Prospect is not too far from Peggy’s Cove, but few tourists have even heard of it. It’s so scenic and untraveled we’ve actually considered moving here. It’s one place we visit every summer in Nova Scotia, as we have a friend from Ontario who has retired here.
Although it’s off the radar for most tourists, it’s sufficiently close to Halifax to offer faster Internet speeds than most ISP’s in Toronto, so for us it’s perfect. This particular day in early August we get up before sunrise, just so we can watch the sun come up over the village. It’s so amazing to see the harbour and open Atlantic ocean so flat and peaceful, and at this time of day it’s heavenly.
Before the sun breaks, it’s so still and a little dark … and oh so quiet. What a change from the big city. The houses are simple and well weathered, but in the early morning light they’re just stunning.

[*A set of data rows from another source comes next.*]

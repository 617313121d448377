-- ===== src/Syscalls/Replies.antt =====
-- What system calls reply.
use untitled_bare_metal.Base.{ℕ, ◌≡◌, ◌<◌, true, ◌==◌, arith}
use untitled_bare_metal.Sys.{cap_endpoint, cap_cnode, sys_nbsend}
use untitled_bare_metal.Tag.{MessageTag}
use untitled_bare_metal.Cap.{cap_ptr, cap_size}
use untitled_bare_metal.Kernel.{Kernel, K, panicked}
use untitled_bare_metal.CNode.{slot_at}
use untitled_bare_metal.CNode.Methods.{lookup_found}
use untitled_bare_metal.Threads.{cspace_root}
use untitled_bare_metal.Endpoints.{invoke_endpoint_nbsend}
use untitled_bare_metal.IoPorts.{Ports}
use untitled_bare_metal.Syscalls.{op_on_slot, op_syscall, do_syscall}

module _ (fuel : ℕ) (ports : Ports) (tcb_set_name : (slot name len : ℕ) → K MessageTag) (a0 a1 : ℕ)
    (k : Kernel) where
  abbrev named : ℕ
  named = slot_at (cap_ptr (k.cte (cspace_root k.current_tcb)).cap) a0

  -- A system call to send without blocking, on a slot of the caller's node that holds an endpoint,
  -- ends in a failed assertion.
  pub nbsend-panics :
      (k.cte (cspace_root k.current_tcb)).cap.type ≡ cap_cnode
      → a0 < cap_size (k.cte (cspace_root k.current_tcb)).cap
      → (k.cte named).cap.type ≡ cap_endpoint
      → do_syscall fuel ports tcb_set_name a0 a1 sys_nbsend k ≡ panicked
  unfolding do_syscall op_syscall op_on_slot invoke_endpoint_nbsend
  nbsend-panics node lt kind =
      rw (lookup_found (cspace_root k.current_tcb) a0 k node lt) (rw is_endpoint)
    where
      is_endpoint : ((k.cte named).cap.type == cap_endpoint) ≡ true
      is_endpoint = ground arith
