-- ===== src/Syscalls/Tests.antt =====
-- Runs of kern/syscall.c.
use untitled_bare_metal.Base.{◌<◌, ◌≡◌, refl, arith, update}
use untitled_bare_metal.Sys.{cap_endpoint, cap_cnode}
use untitled_bare_metal.Cap.{new_cap, cap_ptr, cap_size, bits_pointer, cap_word_0}
use untitled_bare_metal.Kernel.{Kernel, pure}
use untitled_bare_metal.CNode.{slot_at}
use untitled_bare_metal.IoPorts.{Ports}
use untitled_bare_metal.Samples.{sample_kernel}

-- Ports that read as 0.
abbrev no_ports : Ports
no_ports = record {
  read_port_b = λ p. pure 0;
  read_port_w = λ p. pure 0;
  read_port_l = λ p. pure 0;
  write_port_b = λ p v. pure tt;
  write_port_w = λ p v. pure tt;
  write_port_l = λ p v. pure tt;
}

-- The root node of the running thread has an endpoint in its third slot.
abbrev with_endpoint : Kernel
with_endpoint = record sample_kernel {
  cte =
      update
        (update sample_kernel.cte 0x2050 (record {
          cap = record (new_cap cap_cnode) { ptr = 0x40; size_bits = 4 };
          next = 0;
          prev = 0;
        }))
        0x440 (record { cap = record (new_cap cap_endpoint) { ptr = 0x800 }; next = 0; prev = 0 });
}

slot_facts :
    (2 < cap_size (with_endpoint.cte 0x2050).cap)
    × ((with_endpoint.cte (slot_at (cap_ptr (with_endpoint.cte 0x2050).cap) 2)).cap.type
        ≡ cap_endpoint)
unfolding cap_size cap_ptr bits_pointer cap_word_0
slot_facts = (omega arith, refl)
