-- ===== src/Tag/Codec.antt =====
-- The tag and its word, and the two internal replies.
use untitled_bare_metal.Base.{ℕ, ◌^◌, ◌<◌, ◌≡◌, false, arith}
use untitled_bare_metal.Tag.{
  message_info_to_word, message_info_from_word, msg_err, msg_is_noreturn, msg_is_needswrite,
}

-- Every 64-bit word survives the way to its message tag and back.
word_of_tag-of-word : (w : ℕ) → w < 2 ^ 64 → message_info_to_word (message_info_from_word w) ≡ w
unfolding message_info_to_word message_info_from_word
word_of_tag-of-word w h = omega arith

msg_err-returns :
    (label registers : ℕ)
    → (msg_is_noreturn (msg_err label registers) ≡ false)
      × (msg_is_needswrite (msg_err label registers) ≡ false)
unfolding msg_is_noreturn msg_is_needswrite message_info_to_word
msg_err-returns label registers = (ground arith, ground arith)
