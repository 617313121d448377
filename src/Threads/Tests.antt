-- ===== src/Threads/Tests.antt =====
-- Runs of kern/obj/tcb.c.
use untitled_bare_metal.Base.{◌≡◌, refl, [], arith}
use untitled_bare_metal.Kernel.{TcbState, Kernel, done, ◌>>◌}
use untitled_bare_metal.Threads.{schedule, return_from_kernel_code}
use untitled_bare_metal.Threads.RunQueue.{CanSwitch, Yielded, yield-Yielded}
use untitled_bare_metal.Samples.{sample_kernel, with_one, with_thread}

-- Thread 0x2400 is runnable.
abbrev two_threads : Kernel
two_threads = with_one 0x5000 0x2408 (with_thread TcbState.runnable sample_kernel)

can_switch : CanSwitch 0x2400 two_threads
can_switch = record {
  thread = omega arith;
  apart = omega arith;
  runs = refl;
  has_frame = omega arith;
  mapped = omega arith;
}

yield-Yielded_example :
    (k' : Kernel) × ((schedule >> return_from_kernel_code) two_threads ≡ done tt k')
    × Yielded two_threads k' 0x2400 []
yield-Yielded_example =
    yield-Yielded two_threads 0x2400 [] can_switch (omega arith)
      (record { links = (refl, refl, (refl, refl)); out = refl; uniq = (refl, tt) }) refl
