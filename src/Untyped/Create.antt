-- ===== src/Untyped/Create.antt =====
-- One object cut from untyped memory, and the slot that names it.
use Prim.Native.Nat.{bit_or}
use untitled_bare_metal.Base.{
  ℕ, ◌/◌, ◌%◌, ◌^◌, ◌≡◌, ◌≢◌, ◌∙◌, refl, ap, true, false, List, ◌∷◌, ◌++◌, arith, has, ◌==◌,
  if◌then◌else◌,
}
use untitled_bare_metal.Cap.{Capability, Cte, is_safe_cap_ptr, cap_set_ptr, new_null_cap}
use untitled_bare_metal.Cdt.{Slots, insert_cte_after, set_cap}
use untitled_bare_metal.Cdt.Chain.{Chain, Chain-frame, insert-Chain}
use untitled_bare_metal.Cdt.Derive.{set_cap-Chain, insert-cap}
use untitled_bare_metal.Kernel.{Kernel, done}
use untitled_bare_metal.Untyped.{create_object, clear_memory, inside, object_cap, init_object}

-- The slots once the memory of the object is zero.
abbrev pub zeroed : (p n : ℕ) → Slots → Slots
zeroed p n s a = if inside p n a then record { cap = new_null_cap; next = 0; prev = 0 } else s a

-- The capability of a new object.
abbrev pub created_cap : Capability → (type size_bits p : ℕ) → Capability
created_cap c type size_bits p = record (object_cap c type size_bits) { ptr = p / 2 ^ 4 % 2 ^ 44 }

abbrev pub created_slots : (untyped type size_bits dest p n : ℕ) → Slots → Slots
created_slots untyped type size_bits dest p n s =
    insert_cte_after dest untyped
      (set_cap dest (created_cap (zeroed p n s dest).cap type size_bits p) (zeroed p n s))

-- The kernel with one more object.
abbrev pub created : (untyped type size_bits dest n p : ℕ) → Kernel → Kernel
created untyped type size_bits dest n p k = record (clear_memory p n k) {
  node = init_object type p (clear_memory p n k).node;
  cte = created_slots untyped type size_bits dest p n k.cte;
}

pub create_object-ok :
    (untyped type size_bits dest n paddr : ℕ) (k : Kernel)
    → k.hhdm ≢ 0
    → is_safe_cap_ptr (bit_or paddr k.hhdm) ≡ true
    → create_object untyped type size_bits dest n paddr k
      ≡ done tt (created untyped type size_bits dest n (bit_or paddr k.hhdm) k)
unfolding create_object cap_set_ptr
create_object-ok untyped type size_bits dest n paddr k mapped safe = rw (zero_test, safe)
  where
    zero_test : (k.hhdm == 0) ≡ false
    zero_test = ground arith

-- A slot outside the zeroed memory keeps its contents.
zeroed-out : (p n : ℕ) (s : Slots) (a : ℕ) → inside p n a ≡ false → zeroed p n s a ≡ s a
zeroed-out p n s a out = rw out

-- A capability that names a new object at `p`.
pub record Names (type size_bits p : ℕ) (c : Capability) : Type 0 where
  pub type_ : c.type ≡ type % 2 ^ 5
  pub size_ : c.size_bits ≡ size_bits % 2 ^ 6
  pub original : c.is_original ≡ true
  pub badge : c.badge ≡ 0
  pub pointer : c.ptr ≡ p / 2 ^ 4 % 2 ^ 44

-- The new slot stands right behind the untyped one, and names the object.
pub record Created (s s' : Slots) (xs : List ℕ) (untyped dest : ℕ) (ys : List ℕ)
    (type size_bits p n : ℕ) : Type 0 where
  pub chain : Chain s' 0 (xs ++ untyped ∷ dest ∷ ys)
  pub names : Names type size_bits p (s' dest).cap
  pub kept : (a : ℕ) → a ≢ dest → inside p n a ≡ false → (s' a).cap ≡ (s a).cap

pub created_slots-Created :
    (s : Slots) (xs : List ℕ) (untyped dest : ℕ) (ys : List ℕ) (type size_bits p n : ℕ)
    → Chain s 0 (xs ++ untyped ∷ ys)
    → dest ≢ 0
    → has dest (xs ++ untyped ∷ ys) ≡ false
    → ((a : ℕ) → has a (xs ++ untyped ∷ ys) ≡ true → inside p n a ≡ false)
    → Created s
        (created_slots untyped type size_bits dest p n s)
        xs
        untyped
        dest
        ys
        type
        size_bits
        p
        n
created_slots-Created s xs untyped dest ys type size_bits p n chain nz out apart = record {
  chain =
      insert-Chain (set_cap dest c z) dest untyped 0 xs ys
        (set_cap-Chain z dest c (xs ++ untyped ∷ ys) base out) nz out;
  names =
      rw is (record { type_ = refl; size_ = refl; original = refl; badge = refl; pointer = refl });
  kept = λ a ne away.
      insert-cap (set_cap dest c z) dest untyped a
      ∙ ap (λ (e : Cte). e.cap) (other a ne)
      ∙ ap (λ (e : Cte). e.cap) (zeroed-out p n s a away);
}
  where
    z : Slots
    z = zeroed p n s

    c : Capability
    c = created_cap (z dest).cap type size_bits p

    base : Chain z 0 (xs ++ untyped ∷ ys)
    base = Chain-frame s z 0 (xs ++ untyped ∷ ys) chain (λ a i. zeroed-out p n s a (apart a i))

    is : (insert_cte_after dest untyped (set_cap dest c z) dest).cap ≡ c
    is = insert-cap (set_cap dest c z) dest untyped dest ∙ ground arith

    other : (a : ℕ) → a ≢ dest → set_cap dest c z a ≡ z a
    other a ne = ground arith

Being right on the edge of the Atlantic, Prospect gets its fair share of harsh weather. That combined with lack of very much topsoil makes it hard for larger plants and trees to take hold.
There’s ocean, rocks and small plants, many of which depend on the ocean fog to bring them moisture, as there’s little soil to grow in. Below, we see dew on the vegetation.
The “High Head Trail” is a hiking trail that begins in the village and follows the coast for miles and comes out at Hages Lane. It’s a very ambitious hike that will take 3 or 4 hours if you’re like us and stop to photograph.
As you leave the village on “High Head Trail” all that is left is you, the ocean and the rocks. In the photo is our friend Darryl, which gives you some perspective and the size of the rocks and waves.
Prospect is an actual working fishing village, and in the early morning we catch a glimpse of a fishing boat leaving the harbour.
Even without trees around , there’s still sparrows flitting about.
There’s little to mark your way on ‘High Head Trail“, but you can’t get lost, as it closely follows the ocean shore. The sounds of the ocean here are so relaxing.